Solve ME/CFS Initiative
We took a huge leap forward this week in defining, legitimizing and ultimately finding a cure for ME/CFS. On Tuesday, the Institute of Medicine issued a forceful report that sharpened and simplified the illness' diagnostic criteria, legitimized it as physical, not psychological. . . . The IOM committee that conducted the study over an 18-month period also stressed in its report that more research was urgently needed.
M.E. Association (U.K.)
Systemic exertion intolerance disease does not exactly roll off the tongue. IOM committee member Ronald Davis, a biochemist who heads the genome center at Stanford University in Palo Alto, California, says the group considered about 100 options. "Boy, did we struggle with that," he said. "It's hard to come up with a good name, and I don't think this is a perfect name."
Occupy CFS
Since the IOM report came out, the patient/advocate online community has been on fire. Everyone is staking out a position. You like the name, or you don't; you think the definition will work, or it won't. And I have plenty to say about these issues, too. But what I don't hear people asking is: what is HHS going to do with this IOM report?
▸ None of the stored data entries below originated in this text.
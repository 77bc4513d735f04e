-- ===== src/Controller/Lock.antt =====
-- The lock of a controller: the condition `Progressing`, with the state that is worked on. The three
-- controllers have the same code, up to the name of the object in the messages.
use quorum_based_manifests_g.Common.{
  ℕ, ◌+◌, Bool, true, false, not, ◌&&◌, Option, some, none, String, ◌+++◌, Result, ok, err,
  with_context, leb, if◌then◌else◌,
}
use quorum_based_manifests_g.Api.{Condition}
use quorum_based_manifests_g.Kube.{progressing, CtrlResult, requeue_now, requeue_in}
use quorum_based_manifests_g.Exec.{pure, raise, ◌>>=◌, ◌>>◌, wrapped, both, ignore}
use quorum_based_manifests_g.Controller.{
  Host, Action, current, modify, get_again, status_update, is_locked,
}

-- `condition != nil && condition.Status == metav1.ConditionTrue && time.Since(...) >= duration`
abbrev pub held_since : Option Condition → ℕ → ℕ → Bool
held_since none duration now = false
held_since (some c) duration now = c.status && leb (c.last_transition_time + duration) now

module _ (h : Host) where
  unfoldable pub is_lock_for_more_than : h.Object → ℕ → ℕ → Bool
  is_lock_for_more_than m duration now =
      held_since (h.kube.find_status_condition (h.conditions m) progressing) duration now

  -- The object with another state and the condition `Progressing` set.
  abbrev pub with_condition : h.ActionState → Bool → String → String → h.Object → h.Object
  with_condition state status reason message m =
      h.with_state state
        (h.kube.set_status_condition (h.conditions m) (record {
          type = progressing;
          status = status;
          reason = reason;
          message = message;
          last_transition_time = 0;
        }))
        m

  -- The state and the condition are set, and saved.
  unfoldable pub take_lock : h.ActionState → String → Action h Bool
  unfolding ◌>>=◌ wrapped modify status_update
  take_lock new_state message = do
    modify h (with_condition new_state true (h.text new_state) message)
    wrapped ("update " +++ h.kind +++ " after lock acquired") (status_update h)
    pure true

  -- `true` if the lock was taken, `false` if it was already held for this state.
  unfoldable pub acquire_lock : h.ActionState → String → Action h Bool
  unfolding ◌>>=◌ wrapped get_again current take_lock
  acquire_lock new_state message = do
    wrapped ("fetch fresh " +++ h.kind) (get_again h)
    m ← current h
    if h.same_state (h.action_state m) new_state && is_locked h m
        then pure false
        else take_lock new_state message

  unfoldable pub release_lock_abstract : h.ActionState → String → String → Action h (Unit {0})
  unfolding ◌>>=◌ modify status_update
  release_lock_abstract next_state reason message = do
    modify h (with_condition next_state false reason message)
    status_update h

  unfoldable pub release_lock_with_failure : h.ActionState → String → Action h (Unit {0})
  unfolding release_lock_abstract
  release_lock_with_failure next_state cause =
      release_lock_abstract next_state "StepFailed" (with_context "Error occurred" cause)

  unfoldable pub release_lock_and_set_next_state : h.ActionState → Action h (Unit {0})
  unfolding release_lock_abstract
  release_lock_and_set_next_state next_state =
      release_lock_abstract next_state "StepComplete" "Step completed, proceeding to next state"

  -- `return result, r.releaseLockAndSetNextState(ctx, object, state)`
  unfoldable pub release_and : CtrlResult → h.ActionState → Action h CtrlResult
  unfolding ◌>>=◌ release_lock_and_set_next_state
  release_and result state = do release_lock_and_set_next_state state; pure result

  -- `_ = r.releaseLockWithFailure(ctx, object, state, cause)`, and the error is returned.
  unfoldable pub fail_with : h.ActionState → String → String → Action h CtrlResult
  unfolding ◌>>=◌ ignore release_lock_with_failure
  fail_with state cause e = do ignore (release_lock_with_failure state cause); raise e

  -- The lock is taken for the work, or the run ends until later.
  unfoldable pub under_lock : h.ActionState → String → Action h CtrlResult → Action h CtrlResult
  unfolding ◌>>=◌ acquire_lock
  under_lock state message work = do
    lock_acquired ← acquire_lock state message
    if not lock_acquired then pure (requeue_in 15) else work

  -- What follows the handler, from its next state or its error.
  unfoldable pub finish : h.ActionState → Result h.ActionState → Action h CtrlResult
  unfolding release_and fail_with
  finish state (ok next_state) = release_and requeue_now next_state
  finish state (err e) = fail_with state e e

  unfoldable pub with_lock : h.ActionState → String → Action h h.ActionState → Action h CtrlResult
  unfolding ◌>>=◌ both under_lock finish
  with_lock state message handler =
      under_lock state message do next ← both handler; finish state next

  -- The sub-states, of which a controller has several kinds: `set` writes one to the object, `name`
  -- is the field's name.
  module _ {X : Type 0} (set : X → h.Object → h.Object) (name : String) where
    -- After the update of the sub-state, from its error.
    unfoldable pub finish_sub :
        h.ActionState → h.ActionState → Result (Unit {0}) → Action h CtrlResult
    unfolding release_and fail_with
    finish_sub parent_state next_action_state (ok _) = release_and requeue_now next_action_state
    finish_sub parent_state next_action_state (err e) =
        fail_with parent_state (with_context ("update " +++ name) e) e

    unfoldable pub after_sub_handler :
        h.ActionState → h.ActionState → Result X → Action h CtrlResult
    unfolding ◌>>=◌ modify both status_update finish_sub fail_with
    after_sub_handler parent_state next_action_state (ok next) = do
      modify h (set next)
      saved ← both (status_update h)
      finish_sub parent_state next_action_state saved
    after_sub_handler parent_state next_action_state (err e) = fail_with parent_state e e

    unfoldable pub with_sub_lock : h.ActionState → h.ActionState → Action h X → Action h CtrlResult
    unfolding ◌>>=◌ both after_sub_handler
    with_sub_lock parent_state next_action_state handler = do
      next ← both handler
      after_sub_handler parent_state next_action_state next
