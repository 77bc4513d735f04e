-- ===== src/Controller/Triples.antt =====
-- The states of a controller's lock, and what its calls do to them.
use quorum_based_manifests_g.Common.{
  Bool, true, false, List, [], ◌∷◌, Result, ok, err, ◌≡◌, refl, ◌∙◌, ap, if◌then◌else◌,
}
use quorum_based_manifests_g.Api.{Condition, ManifestRef}
use quorum_based_manifests_g.Kube.{KubeLaws, progressing}
use quorum_based_manifests_g.Exec.{Post, Triple, Triple-weaken}
use quorum_based_manifests_g.Controller.{
  Host, Run, answered, replaced, call, effect, current, modify, get_again, is_locked, status_update,
  update, time_now, fetched, fetch,
}

-- A successful update of the status answers with the conditions that were sent; the functions on
-- conditions do what they say; the object is written field by field.
pub record HostLaws (h : Host) : Type 0 where
  pub echoes :
      (m m' : h.Object) (s s' : h.State)
      → h.status_update m s ≡ (ok m', s')
      → h.conditions m' ≡ h.conditions m
  pub kube_laws : KubeLaws h.kube
  pub conditions-with_state :
      (a : h.ActionState) (cs : List Condition) (m : h.Object)
      → h.conditions (h.with_state a cs m) ≡ cs

-- `Permit e b`: the effect `e` may be made with the lock (`b` is true) or without it.
module _ (h : Host) (Permit : h.Effect → Bool → Type 0) where
  abbrev pub Guarded : List (h.Effect × Bool) → Type 0
  Guarded [] = Unit
  Guarded ((e, held) ∷ es) = Permit e held × Guarded es

  -- Every effect of the run was permitted.
  abbrev pub Free : Run h → Type 0
  Free r = Guarded r.effects

  -- The lock is not held, by what the run has written.
  abbrev pub Released : Run h → Type 0
  Released r = Guarded r.effects × (r.held ≡ false)

  abbrev pub Held : Run h → Type 0
  Held r = Guarded r.effects × (r.held ≡ true) × (is_locked h r.object ≡ true)

  -- The condition of the object reads `b`.
  abbrev pub Reads : Bool → Run h → Type 0
  Reads b r = Guarded r.effects × (is_locked h r.object ≡ b)

  -- It was written, too.
  abbrev pub Wrote : Bool → Run h → Type 0
  Wrote b r = Guarded r.effects × (r.held ≡ b) × (is_locked h r.object ≡ b)

  answered-Post :
      {A : Type 0} (P : Run h → Type 0) (r : Run h) (p : Result A × h.State)
      → ((s : h.State) → P (record r { state = s }))
      → Post (λ _. P) P (answered h r p)
  answered-Post P r (ok a, s) k = k s
  answered-Post P r (err e, s) k = k s

  -- A call keeps what does not speak of the state of the systems.
  pub Triple-call :
      {A : Type 0} (P : Run h → Type 0) (op : h.State → Result A × h.State)
      → ((r : Run h) (s : h.State) → P r → P (record r { state = s }))
      → Triple P (call h op) (λ _. P) P
  unfolding call
  Triple-call P op keep = record { at = λ r p. answered-Post P r (op r.state) (λ s. keep r s p) }

  pub Triple-current : {P E : Run h → Type 0} → Triple P (current h) (λ _. P) E
  unfolding current
  Triple-current = record { at = λ r p. p }

  pub effect-Held :
      {A : Type 0} (e : h.Effect) (op : h.State → Result A × h.State)
      → ((b : Bool) → b ≡ true → Permit e b)
      → Triple Held (effect h e op) (λ _. Held) Held
  unfolding effect
  effect-Held e op permit = record {
    at = λ r p.
        answered-Post Held (record r { effects = (e, r.held) ∷ r.effects }) (op r.state)
          (λ s. ((permit r.held p.1, p.0), p.1, p.2));
  }

  -- An effect that wants no lock.
  pub effect_free :
      {A : Type 0} (e : h.Effect) (op : h.State → Result A × h.State)
      → ((b : Bool) → Permit e b)
      → Triple Released (effect h e op) (λ _. Released) Released
  unfolding effect
  effect_free e op permit = record {
    at = λ r g.
        answered-Post Released (record r { effects = (e, r.held) ∷ r.effects }) (op r.state)
          (λ s. ((permit r.held, g.0), g.1));
  }

  pub effect-Released :
      {A : Type 0} (e : h.Effect) (op : h.State → Result A × h.State)
      → ((b : Bool) → Permit e b)
      → Triple Released (effect h e op) (λ _. Released) Free
  effect-Released e op permit =
      Triple-weaken (effect h e op) (effect_free e op permit) (λ r p. p) (λ a r p. p) (λ r p. p.0)

  pub modify-Held :
      (f : h.Object → h.Object)
      → ((m : h.Object) → h.conditions (f m) ≡ h.conditions m)
      → Triple Held (modify h f) (λ _. Held) Held
  unfolding modify
  modify-Held f same = record {
    at = λ r p.
        (p.0, p.1, ap (λ cs. h.kube.is_status_condition_true cs progressing) (same r.object) ∙ p.2);
  }

  pub modify-Free : (f : h.Object → h.Object) → Triple Free (modify h f) (λ _. Free) Free
  unfolding modify
  modify-Free f = record { at = λ r p. p }

  pub modify-Released :
      (f : h.Object → h.Object) → Triple Released (modify h f) (λ _. Released) Free
  unfolding modify
  modify-Released f = record { at = λ r p. p }

  pub call-Released :
      {A : Type 0} (op : h.State → Result A × h.State)
      → Triple Released (call h op) (λ _. Released) Free
  call-Released op =
      Triple-weaken (call h op) (Triple-call Released op (λ r s p. p)) (λ r p. p) (λ a r p. p)
        (λ r p. p.0)

  written-Post :
      (r : Run h) (b : Bool) (p : Result h.Object × h.State)
      → Free r
      → Post (λ _. Free) Free (replaced h r b p)
  written-Post r b (ok m, s) g = g
  written-Post r b (err e, s) g = g

  kept-Post :
      (r : Run h) (p : Result h.Object × h.State)
      → Released r
      → Post (λ _. Released) Free (replaced h r r.held p)
  kept-Post r (ok m, s) g = g
  kept-Post r (err e, s) g = g.0

  pub status_update-Free : Triple Free (status_update h) (λ _. Free) Free
  unfolding status_update
  status_update-Free = record {
    at = λ r g. written-Post r (is_locked h r.object) (h.status_update r.object r.state) g;
  }

  pub get_again-Released : Triple Released (get_again h) (λ _. Released) Free
  unfolding get_again
  get_again-Released = record { at = λ r g. kept-Post r (h.get (h.key r.object) r.state) g }

  module _ (permit : (b : Bool) → Permit h.updated b) where
    pub update-Free : Triple Free (update h) (λ _. Free) Free
    unfolding update
    update-Free = record {
      at = λ r g.
          written-Post (record r { effects = (h.updated, r.held) ∷ r.effects }) r.held
            (h.update r.object r.state) (permit r.held, g);
    }

    pub update-Released : Triple Released (update h) (λ _. Released) Free
    unfolding update
    update-Released = record {
      at = λ r g.
          kept-Post (record r { effects = (h.updated, r.held) ∷ r.effects })
            (h.update r.object r.state) ((permit r.held, g.0), g.1);
    }

  fetched-Post :
      (r : Run h) (p : Result h.Object × h.State)
      → Released r
      → Post (λ _. Released) Free (fetched h r p)
  fetched-Post r (ok m, s) g = g
  fetched-Post r (err e, s) g = gone (h.kube.is_not_found e)
    where
      gone :
          (b : Bool)
          → Post {A = Bool}
              (λ _. Released)
              Free
              (if b then (ok false, record r { state = s }) else (err e, record r { state = s }))
      gone true = g
      gone false = g.0

  pub fetch-Released : (key : ManifestRef) → Triple Released (fetch h key) (λ _. Released) Free
  unfolding fetch
  fetch-Released key = record { at = λ r g. fetched-Post r (h.get key r.state) g }

  pub time_now-Released : Triple Released (time_now h) (λ _. Released) Free
  unfolding time_now
  time_now-Released = call-Released _

  module _ (laws : HostLaws h) where
    replaced-Post :
        (b : Bool) (r : Run h) (p : Result h.Object × h.State)
        → Reads b r
        → h.status_update r.object r.state ≡ p
        → Post (λ _. Wrote b) (Reads b) (replaced h r (is_locked h r.object) p)
    replaced-Post b r (ok m, s) g e = (
      g.0,
      g.1,
      ap (λ cs. h.kube.is_status_condition_true cs progressing) (laws.echoes r.object m r.state s e)
          ∙ g.1,
    )
    replaced-Post b r (err x, s) g e = g

    pub status_update_lem : (b : Bool) → Triple (Reads b) (status_update h) (λ _. Wrote b) (Reads b)
    unfolding status_update
    status_update_lem b = record {
      at = λ r g. replaced-Post b r (h.status_update r.object r.state) g refl;
    }

    kept_lock-Post :
        (r : Run h) (p : Result h.Object × h.State)
        → Held r
        → Post (λ _. Wrote true) (Reads true) (replaced h r (is_locked h r.object) p)
        → Post (λ _. Held) Held (replaced h r (is_locked h r.object) p)
    kept_lock-Post r (ok m, s) g q = q
    kept_lock-Post r (err x, s) g q = g

    -- A status that is written under the lock keeps it.
    pub status_update-Held : Triple Held (status_update h) (λ _. Held) Held
    unfolding status_update
    status_update-Held = record {
      at = λ r g.
          kept_lock-Post r (h.status_update r.object r.state) g
            (replaced-Post true r (h.status_update r.object r.state) (g.0, g.2) refl);
    }
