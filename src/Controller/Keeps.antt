-- ===== src/Controller/Keeps.antt =====
-- Rules for what a controller runs under its lock, for `search`, and for what it runs without.
use quorum_based_manifests_g.Common.{Bool, true, false, String, Result, ◌≡◌, if◌then◌else◌}
use quorum_based_manifests_g.Exec.{
  Triple, pure, raise, ◌>>=◌, wrapped, both, ignore, Triple-bind, Triple-pure, Triple-raise,
  Triple-wrapped, Triple-weaken, Triple-both, Triple-ignore,
}
use quorum_based_manifests_g.Controller.{
  Host, Action, call, effect, current, modify, status_update, time_now,
}
use quorum_based_manifests_g.Controller.Triples.{
  HostLaws, Free, Released, Held, Triple-call, Triple-current, effect-Held, modify-Held,
  call-Released, status_update-Held,
}

module _ (h : Host) (Permit : h.Effect → Bool → Type 0) where
  -- The action keeps the lock that it runs under.
  abbrev pub Keeps : {A : Type 0} → Action h A → Type 0
  Keeps m = Triple (Held h Permit) m (λ _. Held h Permit) (Held h Permit)

  -- The action runs without the lock and leaves it alone.
  abbrev pub Reading : {A : Type 0} → Action h A → Type 0
  Reading m = Triple (Released h Permit) m (λ _. Released h Permit) (Free h Permit)

  pub Keeps-bind :
      {A B : Type 0} (m : Action h A) (f : A → Action h B)
      → Keeps m
      → ((a : A) → Keeps (f a))
      → Keeps (m >>= f)
  Keeps-bind m f k kf = Triple-bind m f k kf

  pub Keeps-pure : {A : Type 0} (a : A) → Keeps (pure a)
  Keeps-pure a = Triple-pure a

  pub Keeps-raise : {A : Type 0} (e : String) → Keeps (raise {A = A} e)
  Keeps-raise e = Triple-raise e

  pub Keeps-wrapped : {A : Type 0} (c : String) (m : Action h A) → Keeps m → Keeps (wrapped c m)
  Keeps-wrapped c m k = Triple-wrapped c m k

  pub Keeps-ignore : {A : Type 0} (m : Action h A) → Keeps m → Keeps (ignore m)
  Keeps-ignore m k = Triple-ignore m k

  pub Keeps-both : {A : Type 0} (m : Action h A) → Keeps m → Keeps (both m)
  Keeps-both m k = Triple-both m k

  pub Keeps-if :
      {A : Type 0} (b : Bool) (m n : Action h A) → Keeps m → Keeps n → Keeps (if b then m else n)
  Keeps-if true m n km kn = km
  Keeps-if false m n km kn = kn

  pub Keeps-call : {A : Type 0} (op : h.State → Result A × h.State) → Keeps (call h op)
  Keeps-call op = Triple-call h Permit (Held h Permit) op (λ r s p. p)

  pub Keeps-current : Keeps (current h)
  Keeps-current = Triple-current h Permit

  pub Keeps-effect :
      {A : Type 0} (e : h.Effect) (op : h.State → Result A × h.State)
      → ((b : Bool) → b ≡ true → Permit e b)
      → Keeps (effect h e op)
  Keeps-effect e op permit = effect-Held h Permit e op permit

  pub Keeps-modify :
      (f : h.Object → h.Object)
      → ((m : h.Object) → h.conditions (f m) ≡ h.conditions m)
      → Keeps (modify h f)
  Keeps-modify f same = modify-Held h Permit f same

  pub Keeps-time_now : Keeps (time_now h)
  unfolding time_now
  Keeps-time_now = Keeps-call _

  pub Keeps-status_update : HostLaws h → Keeps (status_update h)
  Keeps-status_update laws = status_update-Held h Permit laws

  pub ruleset keeps_rules = (
    Keeps-bind, Keeps-pure, Keeps-raise, Keeps-wrapped, Keeps-ignore, Keeps-both, Keeps-if,
    Keeps-call, Keeps-current, Keeps-time_now,
  )

  pub Reading-bind :
      {A B : Type 0} (m : Action h A) (f : A → Action h B)
      → Reading m
      → ((a : A) → Reading (f a))
      → Reading (m >>= f)
  Reading-bind m f k kf = Triple-bind m f k kf

  pub Reading-pure : {A : Type 0} (a : A) → Reading (pure a)
  Reading-pure a = Triple-pure a

  pub Reading-raise : {A : Type 0} (e : String) → Reading (raise {A = A} e)
  Reading-raise e =
      Triple-weaken (raise e) (Triple-raise {Q = λ _. Released h Permit} e) (λ r p. p) (λ a r p. p)
        (λ r p. p.0)

  pub Reading-wrapped :
      {A : Type 0} (c : String) (m : Action h A) → Reading m → Reading (wrapped c m)
  Reading-wrapped c m k = Triple-wrapped c m k

  pub Reading-if :
      {A : Type 0} (b : Bool) (m n : Action h A)
      → Reading m
      → Reading n
      → Reading (if b then m else n)
  Reading-if true m n km kn = km
  Reading-if false m n km kn = kn

  pub Reading-call : {A : Type 0} (op : h.State → Result A × h.State) → Reading (call h op)
  Reading-call op = call-Released h Permit op

  pub Reading-current : Reading (current h)
  Reading-current = Triple-current h Permit

  pub ruleset reading_rules = (
    Reading-bind, Reading-pure, Reading-raise, Reading-wrapped, Reading-if, Reading-call,
    Reading-current,
  )

  -- The same, after an error too.
  abbrev pub Quiet : {A : Type 0} → Action h A → Type 0
  Quiet m = Triple (Released h Permit) m (λ _. Released h Permit) (Released h Permit)

  pub Quiet-Reading : {A : Type 0} (m : Action h A) → Quiet m → Reading m
  Quiet-Reading m t = Triple-weaken m t (λ r p. p) (λ a r p. p) (λ r p. p.0)

  pub Quiet-bind :
      {A B : Type 0} (m : Action h A) (f : A → Action h B)
      → Quiet m
      → ((a : A) → Quiet (f a))
      → Quiet (m >>= f)
  Quiet-bind m f k kf = Triple-bind m f k kf

  pub Quiet-pure : {A : Type 0} (a : A) → Quiet (pure a)
  Quiet-pure a = Triple-pure a

  pub Quiet-raise : {A : Type 0} (e : String) → Quiet (raise {A = A} e)
  Quiet-raise e = Triple-raise e

  pub Quiet-wrapped : {A : Type 0} (c : String) (m : Action h A) → Quiet m → Quiet (wrapped c m)
  Quiet-wrapped c m k = Triple-wrapped c m k

  pub Quiet-if :
      {A : Type 0} (b : Bool) (m n : Action h A) → Quiet m → Quiet n → Quiet (if b then m else n)
  Quiet-if true m n km kn = km
  Quiet-if false m n km kn = kn

  pub Quiet-call : {A : Type 0} (op : h.State → Result A × h.State) → Quiet (call h op)
  Quiet-call op = Triple-call h Permit (Released h Permit) op (λ r s p. p)

  pub Quiet-current : Quiet (current h)
  Quiet-current = Triple-current h Permit

  pub ruleset quiet_rules =
      (Quiet-bind, Quiet-pure, Quiet-raise, Quiet-wrapped, Quiet-if, Quiet-call, Quiet-current)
On Point WBUR Podcast discussing the IOM findings.
Guests:
Dr. Ellen Wright Clayton, professor of pediatrics and professor of law at Vanderbilt
University. (Co-founder of the Center for Biomedical Ethics and Society at
Vanderbilt.)
Dr. Derek Enlander, director of the Mount Sinai ME / CFS Center.
Dr. Daniel Neides, medical director for the Wellness Institute at the Cleveland Clinic.
Jennifer Brea, director of "Canary in a Coal Mine" and a ME/ CFS patient.
Cort Johnson, at his
Health Rising blog, wrote again about the name change, a week after the IOM announcement after reading other responses.
The name was certainly controversial but a significant portion of readers did not object. In a poll attracting about 750 people, a solid majority (43-29%) felt it was preferable to "ME/CFS". Fifty percent felt the name would at least moderately help their doctors to better understand their illness.
Still, little evidence that name was well-liked could be found with 75% stating it had either a moderate or high "cringe factor" and a significant subset of patients were absolutely opposed to it.
ACKNOWLEDGEMENTS
Thanks are owed to the excellent published articles from the SEID community, and for the encouragement and technical assistance of KosAbility admins and of New Diarists group admin/editor belinda ridgewood, who carried me through the drafting process and was my first reader.